**Exercise prompt**: Reproduce exactly the lines below from the one containing "(seen queue new : List Text) → length (extend_front" through the one containing "extend_front-IsJoin = record", including both, and nothing else.

**Supplied information**:
-----

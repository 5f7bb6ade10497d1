-- ===== src/Calls/Queue/Reached.antt =====
-- The loops over a queue of types in pass 3 of src/java_codebase_rag/graph/build_ast_graph.py end, and they visit the
-- types that can be reached.
use jrag.Base.{
  ℕ, zero, suc, ◌+◌, ◌≤◌, Bool, true, false, not, List, [], ◌∷◌, ◌≡◌, ◌↔◌, refl, ap, subst, arith,
  if◌then◌else◌, ◌&&◌, ◌||◌, Bool-cases, inl, inr, length, length-append, Text, same_text,
  same_text_refl, same_text_eq, one_of, one_of-append, one_of_same,
}
use jrag.Calls.{Table, has, keep, TypeEntry}
use jrag.Calls.Queue.{visits, all_next, enough, append_unseen, extend_back, extend_front}

-- What joins a queue is what is new, where it was not visited.
pub record IsJoin (join : List Text → List Text → List Text → List Text) : Type 0 where
  pub keeps :
      (u : Text) (seen queue new : List Text)
      → (one_of u queue || (one_of u new && not (one_of u seen))) ≡ true
      → one_of u (join seen queue new) ≡ true
  pub only :
      (u : Text) (seen queue new : List Text)
      → one_of u (join seen queue new) ≡ true
      → (one_of u queue || one_of u new) ≡ true
  pub size : (seen queue new : List Text) → length (join seen queue new) ≤ length queue + length new

one_of-keep :
    (u : Text) (seen ts : List Text)
    → one_of u (keep (λ t. not (one_of t seen)) ts) ≡ (one_of u ts && not (one_of u seen))
unfolding one_of keep
one_of-keep u seen [] = refl
one_of-keep u seen (t ∷ ts) = ground (arith, one_of-keep u seen ts, one_of_same t u seen)

length-keep : (test : Text → Bool) (ts : List Text) → length (keep test ts) ≤ length ts
unfolding keep
length-keep test [] = omega arith
length-keep test (t ∷ ts) = ground (arith, length-keep test ts)

pub append_unseen-IsJoin : IsJoin append_unseen
unfolding append_unseen
append_unseen-IsJoin =
    let new_part = λ (seen new : List Text). keep (λ t. not (one_of t seen)) new in
    record {
      keeps = λ u seen queue new h.
          ground (arith, one_of-append u queue (new_part seen new), one_of-keep u seen new);
      only = λ u seen queue new h.
          ground (arith, one_of-append u queue (new_part seen new), one_of-keep u seen new);
      size = λ seen queue new. omega (
        arith,
        length-append queue (new_part seen new),
        length-keep (λ t. not (one_of t seen)) new,
      );
    }

pub extend_back-IsJoin : IsJoin extend_back
extend_back-IsJoin = record {
  keeps = λ u seen queue new h. ground (arith, one_of-append u queue new);
  only = λ u seen queue new h. ground (arith, one_of-append u queue new);
  size = λ seen queue new. omega (arith, length-append queue new);
}

one_of-extend_front :
    (u : Text) (seen queue new : List Text)
    → one_of u (extend_front seen queue new) ≡ (one_of u queue || one_of u new)
unfolding extend_front one_of
one_of-extend_front u seen queue [] = ground arith
one_of-extend_front u seen queue (t ∷ ts) =
    ground (arith, one_of-extend_front u seen (t ∷ queue) ts)

length-extend_front :
    (seen queue new : List Text) → length (extend_front seen queue new) ≡ length queue + length new
unfolding extend_front
length-extend_front seen queue [] = omega arith
length-extend_front seen queue (t ∷ ts) = omega (arith, length-extend_front seen (t ∷ queue) ts)

pub extend_front-IsJoin : IsJoin extend_front
extend_front-IsJoin = record {
  keeps = λ u seen queue new h. ground (arith, one_of-extend_front u seen queue new);
  only = λ u seen queue new h. ground (arith, one_of-extend_front u seen queue new);
  size = λ seen queue new. omega (arith, length-extend_front seen queue new);
}

module _ (types : Table TypeEntry) (next : Text → List Text)
    (join : List Text → List Text → List Text → List Text) (j : IsJoin join) where
  -- What can be reached from the types of a queue, in the tables.
  pub data Reach (queue : List Text) : Text → Type 0 where
    here : {t : Text} → one_of t queue ≡ true → has t types ≡ true → Reach queue t
    step :
        {t u : Text} → Reach queue t → one_of u (next t) ≡ true → has u types ≡ true → Reach queue u

  -- What the types that are not visited can still put into the queue.
  abbrev left : Table TypeEntry → List Text → ℕ
  left [] visited = 0
  left ((t, entry) ∷ table) visited =
      (if one_of t visited then 0 else length (next t)) + left table visited

  left-le :
      (t : Text) (table : Table TypeEntry) (visited : List Text)
      → left table (t ∷ visited) ≤ left table visited
  unfolding one_of
  left-le t [] visited = omega arith
  left-le t ((k, entry) ∷ table) visited = ground (arith, left-le t table visited)

  left-visit :
      (t : Text) (table : Table TypeEntry) (visited : List Text)
      → has t table ≡ true
      → one_of t visited ≡ false
      → left table (t ∷ visited) + length (next t) ≤ left table visited
  unfolding one_of has
  left-visit t [] visited h v = ground arith
  left-visit t ((k, entry) ∷ table) visited h v = elim (Bool-cases (same_text k t)) [
    | inl e ↦
        let n = ap (λ u. length (next u)) (same_text_eq k t e) in
        ground (
          arith,
          n,
          left-le t table visited,
          one_of_same k t visited e,
          same_text_refl t,
          ap (λ u. same_text t u) (same_text_eq k t e),
        )
    | inr e ↦ ground (arith, left-visit t table visited, left-le t table visited)
  ]

  left-empty : (table : Table TypeEntry) → left table [] ≡ all_next next table
  unfolding one_of
  left-empty [] = refl
  left-empty ((t, entry) ∷ table) = ground (arith, left-empty table)

  visits-Reach :
      (queue0 : List Text) (fuel : ℕ) (visited queue : List Text)
      → ((t : Text) → one_of t queue ≡ true → has t types ≡ true → Reach queue0 t)
      → (u : Text) → one_of u (visits types next join fuel visited queue) ≡ true
      → Reach queue0 u
  unfolding visits one_of
  visits-Reach queue0 zero visited queue h u m = ground arith
  visits-Reach queue0 (suc fuel) visited [] h u m = ground arith
  visits-Reach queue0 (suc fuel) visited (t ∷ queue) h u m =
      elim (Bool-cases (one_of t visited || not (has t types))) [
        | inl e ↦
            visits-Reach queue0 fuel visited queue (λ v q k. h v (ground (arith, q)) k) u
              (ground (arith, m, e))
        | inr e ↦
            let more = join (t ∷ visited) queue (next t) in
            let r = h t (ground (arith, same_text_refl t)) (ground (arith, e)) in
            elim (Bool-cases (same_text t u)) [
              | inl s ↦ subst (λ w. Reach queue0 w) (same_text_eq t u s) r
              | inr s ↦
                  visits-Reach queue0 fuel (t ∷ visited) more
                    (λ v q k. elim (Bool-cases (one_of v queue)) [
                      | inl a ↦ h v (ground (arith, a)) k
                      | inr a ↦
                          step r (ground (arith, a, j.only v (t ∷ visited) queue (next t) q)) k
                    ])
                    u (ground (arith, m, e))
            ]
      ]

  visits-Closed :
      (fuel : ℕ) (visited queue : List Text)
      → length queue + left types visited ≤ fuel
      → ((t : Text)
          → one_of t queue ≡ true
          → has t types ≡ true
          → (one_of t (visits types next join fuel visited queue) || one_of t visited) ≡ true)
        × ((t u : Text)
            → one_of t (visits types next join fuel visited queue) ≡ true
            → one_of u (next t) ≡ true
            → has u types ≡ true
            → (one_of u (visits types next join fuel visited queue) || one_of u visited) ≡ true)
  unfolding visits one_of
  visits-Closed zero visited [] n = (λ t m k. ground arith, λ t u m k l. ground arith)
  visits-Closed zero visited (t ∷ queue) n = ground arith
  visits-Closed (suc fuel) visited [] n = (λ t m k. ground arith, λ t u m k l. ground arith)
  visits-Closed (suc fuel) visited (t ∷ queue) n =
      elim (Bool-cases (one_of t visited || not (has t types))) [
        | inl e ↦
            let (covers, closed) = visits-Closed fuel visited queue (omega (arith, n)) in
            (
              λ u m k. elim (Bool-cases (same_text t u)) [
                | inl s ↦ ground (
                  arith,
                  e,
                  one_of_same t u visited s,
                  ap (λ w. has w types) (same_text_eq t u s),
                )
                | inr s ↦ ground (arith, e, covers u)
              ],
              λ v u m l k. ground (arith, e, closed v u),
            )
        | inr e ↦
            let more = join (t ∷ visited) queue (next t) in
            let known : has t types ≡ true = ground (arith, e) in
            let fresh : one_of t visited ≡ false = ground (arith, e) in
            let size = left-visit t types visited known fresh in
            let (covers, closed) =
              visits-Closed fuel (t ∷ visited) more
                (omega (arith, n, size, j.size (t ∷ visited) queue (next t))) in
            (
              λ u m k. ground (arith, e, covers u, j.keeps u (t ∷ visited) queue (next t)),
              λ v u m l k. elim (Bool-cases (same_text t v)) [
                | inl s ↦ ground (
                  arith,
                  e,
                  covers u,
                  j.keeps u (t ∷ visited) queue (next t),
                  ap (λ w. one_of u (next w)) (same_text_eq t v s),
                )
                | inr s ↦ ground (arith, e, closed v u)
              ],
            )
      ]

  Reach-visits :
      (queue : List Text) (u : Text)
      → Reach queue u
      → one_of u (visits types next join (enough next types queue) [] queue) ≡ true
  unfolding one_of
  Reach-visits queue u (here m k) = ground (
    arith,
    (visits-Closed (enough next types queue) [] queue (omega (arith, left-empty types))).0 u,
  )
  Reach-visits queue u (step {t} r m k) = ground (
    arith,
    Reach-visits queue t r,
    (visits-Closed (enough next types queue) [] queue (omega (arith, left-empty types))).1 t u,
  )

  -- The loop visits exactly the types that can be reached from the queue.
  pub visits_iff :
      (queue : List Text) (u : Text)
      → (one_of u (visits types next join (enough next types queue) [] queue) ≡ true)
        ↔ Reach queue u
  visits_iff queue u = (
    visits-Reach queue (enough next types queue) [] queue (λ t m k. here m k) u,
    Reach-visits queue u,
  )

-----

**Exercise answer**:
    (seen queue new : List Text) → length (extend_front seen queue new) ≡ length queue + length new
unfolding extend_front
length-extend_front seen queue [] = omega arith
length-extend_front seen queue (t ∷ ts) = omega (arith, length-extend_front seen (t ∷ queue) ts)

pub extend_front-IsJoin : IsJoin extend_front
extend_front-IsJoin = record {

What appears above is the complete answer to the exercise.